> GOAL OF THE EXERCISE:
Write the listing out again, exactly as it reads below.
━━━ DATASET RECORDS
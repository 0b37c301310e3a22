-- ===== src/Recognizer.antt =====
-- The local recognizer (raspberry-pi/sdr-agent/controller/src/recognizer.rs): `Messages` has its
-- messages, `Checks` their validation, `Adapter` the adapters that replay and that ask a worker.
mod Messages
mod Checks
mod Adapter
pub mod Requests
pub mod Outputs
pub mod Answers
pub mod Spooled
pub mod Asked
pub mod Classified
pub use Messages.*
unfoldable pub use Checks.*
unfoldable pub use Adapter.*
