-- ===== src/Recognizer/Outputs.antt =====
-- What an output is that `validate_output` accepts for a request.
use sdr_pi.Base.{
  ℕ, ◌+◌, ◌*◌, ◌≤◌, ◌≡◌, ◌≢◌, ◌↔◌, inl, inr, refl, String, true, false, ok, arith, List, [], ◌∷◌,
  All, length, eq_iff, ◌=s◌, byte_len, all_chars, Bool-cases, u64_max,
}
use sdr_pi.Recognizer.Messages.{
  RecognitionRequest, RecognitionOutput, RecognitionAlternative, RecognizerBackend,
  RecognitionTiming,
}
use sdr_pi.Recognizer.Checks.{
  is_text, is_confidence, contains_label, is_ascii_hexdigit, validate_alternatives,
  validate_backend, accounted_us, validate_timing, validate_output,
}

abbrev pub label_of : RecognitionAlternative → String
label_of a = a.label

-- Alternatives with texts as labels and confidences, whose labels are none of those before and differ
-- from each other.
abbrev pub Alternatives : List String → List RecognitionAlternative → Type 0
Alternatives seen [] = Unit
Alternatives seen (a ∷ rest) =
    (is_text a.label 128 ≡ true)
    × (is_confidence a.confidence ≡ true)
    × All (λ x. a.label ≢ x) seen
    × Alternatives (a.label ∷ seen) rest

contains_label-All :
    (label : String) (seen : List String)
    → (contains_label label seen ≡ false) ↔ All (λ x. label ≢ x) seen
unfolding contains_label
contains_label-All label [] = (λ h. tt, λ h. refl)
contains_label-All label (x ∷ seen) =
    let rest = contains_label-All label seen in
    elim (Bool-cases (label =s x)) [
      | inl same ↦
          let e = (eq_iff label x).0 same in
          (λ h. absurd (ground (arith, same)), λ h. absurd (h.0 e))
      | inr other ↦ (
        λ h. (λ e. ground (arith, other, (eq_iff label x).1 e), rest.0 (ground (arith, other))),
        λ h. ground (arith, other, rest.1 h.1),
      )
    ]

validate_alternatives_iff :
    (seen : List String) (alternatives : List RecognitionAlternative)
    → (validate_alternatives seen alternatives ≡ ok tt) ↔ Alternatives seen alternatives
unfolding validate_alternatives
validate_alternatives_iff seen [] = (λ h. tt, λ h. refl)
validate_alternatives_iff seen (a ∷ rest) =
    let new = contains_label-All a.label seen in
    let later = validate_alternatives_iff (a.label ∷ seen) rest in
    (
      λ h. (ground arith, ground arith, new.0 (ground arith), later.0 (ground arith)),
      λ h. ground (arith, h.0, h.1, new.1 h.2, later.1 h.3),
    )

-- A backend that is named, with a SHA-256 of 64 hexadecimal digits and 1 to 4 threads.
pub record IsBackend (b : RecognizerBackend) : Type 0 where
  pub runtime_text : is_text b.runtime 64 ≡ true
  pub version_text : is_text b.runtime_version 64 ≡ true
  pub model_text : is_text b.model_id 128 ≡ true
  pub hash_length : byte_len b.model_sha256 ≡ 64
  pub hash_digits : all_chars is_ascii_hexdigit b.model_sha256 ≡ true
  pub some_threads : 1 ≤ b.threads
  pub few_threads : b.threads ≤ 4

validate_backend_iff : (b : RecognizerBackend) → (validate_backend b ≡ ok tt) ↔ IsBackend b
unfolding validate_backend
validate_backend_iff b = (
  λ h. record {
    runtime_text = ground arith;
    version_text = ground arith;
    model_text = ground arith;
    hash_length = ground arith;
    hash_digits = ground arith;
    some_threads = ground arith;
    few_threads = ground arith;
  },
  λ q. ground (
    arith, q.runtime_text, q.version_text, q.model_text, q.hash_length, q.hash_digits,
    q.some_threads, q.few_threads,
  ),
)

-- Times that add up within the total, which is within the deadline.
pub record IsTimed (t : RecognitionTiming) (max_latency_ms : ℕ) : Type 0 where
  pub in_range : t.map_us + t.preprocess_us + t.inference_us ≤ u64_max
  pub accounted : t.map_us + t.preprocess_us + t.inference_us ≤ t.total_us
  pub in_time : t.total_us ≤ max_latency_ms * 1_000

validate_timing_iff :
    (t : RecognitionTiming) (max_latency_ms : ℕ)
    → (validate_timing t max_latency_ms ≡ ok tt) ↔ IsTimed t max_latency_ms
unfolding validate_timing accounted_us
validate_timing_iff t max_latency_ms = (
  λ h. record { in_range = ground arith; accounted = ground arith; in_time = ground arith },
  λ q. ground (arith, q.in_range, q.accounted, q.in_time),
)

-- An output for the request's candidate, with a text as its label and a confidence, at most 8
-- alternatives under labels of their own, by a backend that is identified, in time.
pub record IsOutput (r : RecognitionRequest) (o : RecognitionOutput) : Type 0 where
  pub same_candidate : o.candidate_id ≡ r.candidate_id
  pub labelled : is_text o.label 128 ≡ true
  pub confident : is_confidence o.confidence ≡ true
  pub few_alternatives : length o.alternatives ≤ 8
  pub alternatives : Alternatives (o.label ∷ []) o.alternatives
  pub backend : IsBackend o.backend
  pub timed : IsTimed o.timing r.max_latency_ms

-- An output is accepted exactly if it is for the request's candidate, its label is a text of at most
-- 128 bytes and its confidence a number from 0 to 1, as are those of its at most 8 alternatives, no
-- label is given twice, its backend is identified, and its times add up within the deadline.
pub validate_output_iff :
    (r : RecognitionRequest) (o : RecognitionOutput) → (validate_output r o ≡ ok tt) ↔ IsOutput r o
unfolding validate_output
validate_output_iff r o =
    let same = eq_iff o.candidate_id r.candidate_id in
    let alternatives = validate_alternatives_iff (o.label ∷ []) o.alternatives in
    let backend = validate_backend_iff o.backend in
    let timing = validate_timing_iff o.timing r.max_latency_ms in
    (
      λ h. record {
        same_candidate = same.0 (ground arith);
        labelled = ground arith;
        confident = ground arith;
        few_alternatives = ground arith;
        alternatives = alternatives.0 (ground arith);
        backend = backend.0 (ground arith);
        timed = timing.0 (ground arith);
      },
      λ q. ground (
        arith,
        same.1 q.same_candidate,
        q.labelled,
        q.confident,
        q.few_alternatives,
        alternatives.1 q.alternatives,
        backend.1 q.backend,
        timing.1 q.timed,
      ),
    )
━━━━━━
> RESPONSE FOR THIS EXERCISE:
repository 0b37c301310e3a22
-- ===== src/Recognizer.antt =====
-- The local recognizer (raspberry-pi/sdr-agent/controller/src/recognizer.rs): `Messages` has its
-- messages, `Checks` their validation, `Adapter` the adapters that replay and that ask a worker.
mod Messages
mod Checks
mod Adapter
pub mod Requests
pub mod Outputs
pub mod Answers
pub mod Spooled
pub mod Asked
pub mod Classified
pub use Messages.*
unfoldable pub use Checks.*
unfoldable pub use Adapter.*
-- ===== src/Recognizer/Outputs.antt =====
-- What an output is that `validate_output` accepts for a request.
use sdr_pi.Base.{
  ℕ, ◌+◌, ◌*◌, ◌≤◌, ◌≡◌, ◌≢◌, ◌↔◌, inl, inr, refl, String, true, false, ok, arith, List, [], ◌∷◌,
  All, length, eq_iff, ◌=s◌, byte_len, all_chars, Bool-cases, u64_max,
}
use sdr_pi.Recognizer.Messages.{
  RecognitionRequest, RecognitionOutput, RecognitionAlternative, RecognizerBackend,
  RecognitionTiming,
}
use sdr_pi.Recognizer.Checks.{
  is_text, is_confidence, contains_label, is_ascii_hexdigit, validate_alternatives,
  validate_backend, accounted_us, validate_timing, validate_output,
}

abbrev pub label_of : RecognitionAlternative → String
label_of a = a.label

-- Alternatives with texts as labels and confidences, whose labels are none of those before and differ
-- from each other.
abbrev pub Alternatives : List String → List RecognitionAlternative → Type 0
Alternatives seen [] = Unit
Alternatives seen (a ∷ rest) =
    (is_text a.label 128 ≡ true)
    × (is_confidence a.confidence ≡ true)
    × All (λ x. a.label ≢ x) seen
    × Alternatives (a.label ∷ seen) rest

contains_label-All :
    (label : String) (seen : List String)
    → (contains_label label seen ≡ false) ↔ All (λ x. label ≢ x) seen
unfolding contains_label
contains_label-All label [] = (λ h. tt, λ h. refl)
contains_label-All label (x ∷ seen) =
    let rest = contains_label-All label seen in
    elim (Bool-cases (label =s x)) [
      | inl same ↦
          let e = (eq_iff label x).0 same in
          (λ h. absurd (ground (arith, same)), λ h. absurd (h.0 e))
      | inr other ↦ (
        λ h. (λ e. ground (arith, other, (eq_iff label x).1 e), rest.0 (ground (arith, other))),
        λ h. ground (arith, other, rest.1 h.1),
      )
    ]

validate_alternatives_iff :
    (seen : List String) (alternatives : List RecognitionAlternative)
    → (validate_alternatives seen alternatives ≡ ok tt) ↔ Alternatives seen alternatives
unfolding validate_alternatives
validate_alternatives_iff seen [] = (λ h. tt, λ h. refl)
validate_alternatives_iff seen (a ∷ rest) =
    let new = contains_label-All a.label seen in
    let later = validate_alternatives_iff (a.label ∷ seen) rest in
    (
      λ h. (ground arith, ground arith, new.0 (ground arith), later.0 (ground arith)),
      λ h. ground (arith, h.0, h.1, new.1 h.2, later.1 h.3),
    )

-- A backend that is named, with a SHA-256 of 64 hexadecimal digits and 1 to 4 threads.
pub record IsBackend (b : RecognizerBackend) : Type 0 where
  pub runtime_text : is_text b.runtime 64 ≡ true
  pub version_text : is_text b.runtime_version 64 ≡ true
  pub model_text : is_text b.model_id 128 ≡ true
  pub hash_length : byte_len b.model_sha256 ≡ 64
  pub hash_digits : all_chars is_ascii_hexdigit b.model_sha256 ≡ true
  pub some_threads : 1 ≤ b.threads
  pub few_threads : b.threads ≤ 4

validate_backend_iff : (b : RecognizerBackend) → (validate_backend b ≡ ok tt) ↔ IsBackend b
unfolding validate_backend
validate_backend_iff b = (
  λ h. record {
    runtime_text = ground arith;
    version_text = ground arith;
    model_text = ground arith;
    hash_length = ground arith;
    hash_digits = ground arith;
    some_threads = ground arith;
    few_threads = ground arith;
  },
  λ q. ground (
    arith, q.runtime_text, q.version_text, q.model_text, q.hash_length, q.hash_digits,
    q.some_threads, q.few_threads,
  ),
)

-- Times that add up within the total, which is within the deadline.
pub record IsTimed (t : RecognitionTiming) (max_latency_ms : ℕ) : Type 0 where
  pub in_range : t.map_us + t.preprocess_us + t.inference_us ≤ u64_max
  pub accounted : t.map_us + t.preprocess_us + t.inference_us ≤ t.total_us
  pub in_time : t.total_us ≤ max_latency_ms * 1_000

validate_timing_iff :
    (t : RecognitionTiming) (max_latency_ms : ℕ)
    → (validate_timing t max_latency_ms ≡ ok tt) ↔ IsTimed t max_latency_ms
unfolding validate_timing accounted_us
validate_timing_iff t max_latency_ms = (
  λ h. record { in_range = ground arith; accounted = ground arith; in_time = ground arith },
  λ q. ground (arith, q.in_range, q.accounted, q.in_time),
)

-- An output for the request's candidate, with a text as its label and a confidence, at most 8
-- alternatives under labels of their own, by a backend that is identified, in time.
pub record IsOutput (r : RecognitionRequest) (o : RecognitionOutput) : Type 0 where
  pub same_candidate : o.candidate_id ≡ r.candidate_id
  pub labelled : is_text o.label 128 ≡ true
  pub confident : is_confidence o.confidence ≡ true
  pub few_alternatives : length o.alternatives ≤ 8
  pub alternatives : Alternatives (o.label ∷ []) o.alternatives
  pub backend : IsBackend o.backend
  pub timed : IsTimed o.timing r.max_latency_ms

-- An output is accepted exactly if it is for the request's candidate, its label is a text of at most
-- 128 bytes and its confidence a number from 0 to 1, as are those of its at most 8 alternatives, no
-- label is given twice, its backend is identified, and its times add up within the deadline.
pub validate_output_iff :
    (r : RecognitionRequest) (o : RecognitionOutput) → (validate_output r o ≡ ok tt) ↔ IsOutput r o
unfolding validate_output
validate_output_iff r o =
    let same = eq_iff o.candidate_id r.candidate_id in
    let alternatives = validate_alternatives_iff (o.label ∷ []) o.alternatives in
    let backend = validate_backend_iff o.backend in
    let timing = validate_timing_iff o.timing r.max_latency_ms in
    (
      λ h. record {
        same_candidate = same.0 (ground arith);
        labelled = ground arith;
        confident = ground arith;
        few_alternatives = ground arith;
        alternatives = alternatives.0 (ground arith);
        backend = backend.0 (ground arith);
        timed = timing.0 (ground arith);
      },
      λ q. ground (
        arith,
        same.1 q.same_candidate,
        q.labelled,
        q.confident,
        q.few_alternatives,
        alternatives.1 q.alternatives,
        backend.1 q.backend,
        timing.1 q.timed,
      ),
    )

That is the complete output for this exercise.